Work required ->
Filter the data for "MbrPartitionRef" and copy matching lines.

Stored data:

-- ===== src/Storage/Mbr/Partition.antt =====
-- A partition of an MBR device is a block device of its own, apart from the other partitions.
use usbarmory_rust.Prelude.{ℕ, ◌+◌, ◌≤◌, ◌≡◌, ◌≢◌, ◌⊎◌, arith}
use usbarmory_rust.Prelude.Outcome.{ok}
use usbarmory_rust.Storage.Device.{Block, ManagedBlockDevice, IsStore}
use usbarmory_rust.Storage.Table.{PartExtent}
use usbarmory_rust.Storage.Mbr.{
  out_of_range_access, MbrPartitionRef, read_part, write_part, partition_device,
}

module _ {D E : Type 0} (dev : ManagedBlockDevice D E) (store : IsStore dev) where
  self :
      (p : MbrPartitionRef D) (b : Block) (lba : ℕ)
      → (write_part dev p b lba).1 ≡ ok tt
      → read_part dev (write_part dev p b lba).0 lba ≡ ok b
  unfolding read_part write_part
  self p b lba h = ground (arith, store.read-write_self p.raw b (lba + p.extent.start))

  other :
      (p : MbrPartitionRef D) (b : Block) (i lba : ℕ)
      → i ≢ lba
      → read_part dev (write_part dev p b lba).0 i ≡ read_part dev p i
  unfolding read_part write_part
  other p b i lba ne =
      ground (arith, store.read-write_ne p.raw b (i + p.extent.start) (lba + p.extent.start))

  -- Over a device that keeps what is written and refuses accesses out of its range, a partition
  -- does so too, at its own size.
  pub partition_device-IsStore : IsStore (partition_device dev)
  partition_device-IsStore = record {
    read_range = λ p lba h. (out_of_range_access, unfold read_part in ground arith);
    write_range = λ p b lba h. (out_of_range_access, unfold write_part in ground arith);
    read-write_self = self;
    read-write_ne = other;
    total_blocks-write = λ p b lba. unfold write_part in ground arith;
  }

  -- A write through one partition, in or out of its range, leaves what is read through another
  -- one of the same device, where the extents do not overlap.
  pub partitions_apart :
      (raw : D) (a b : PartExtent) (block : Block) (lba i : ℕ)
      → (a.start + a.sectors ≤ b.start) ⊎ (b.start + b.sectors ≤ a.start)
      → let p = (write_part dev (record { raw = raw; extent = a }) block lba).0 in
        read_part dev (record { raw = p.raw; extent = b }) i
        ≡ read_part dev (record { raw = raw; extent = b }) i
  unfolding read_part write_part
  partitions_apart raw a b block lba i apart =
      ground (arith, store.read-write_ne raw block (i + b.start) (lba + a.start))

Exercise solution ->
  out_of_range_access, MbrPartitionRef, read_part, write_part, partition_device,
      (p : MbrPartitionRef D) (b : Block) (lba : ℕ)
      (p : MbrPartitionRef D) (b : Block) (i lba : ℕ)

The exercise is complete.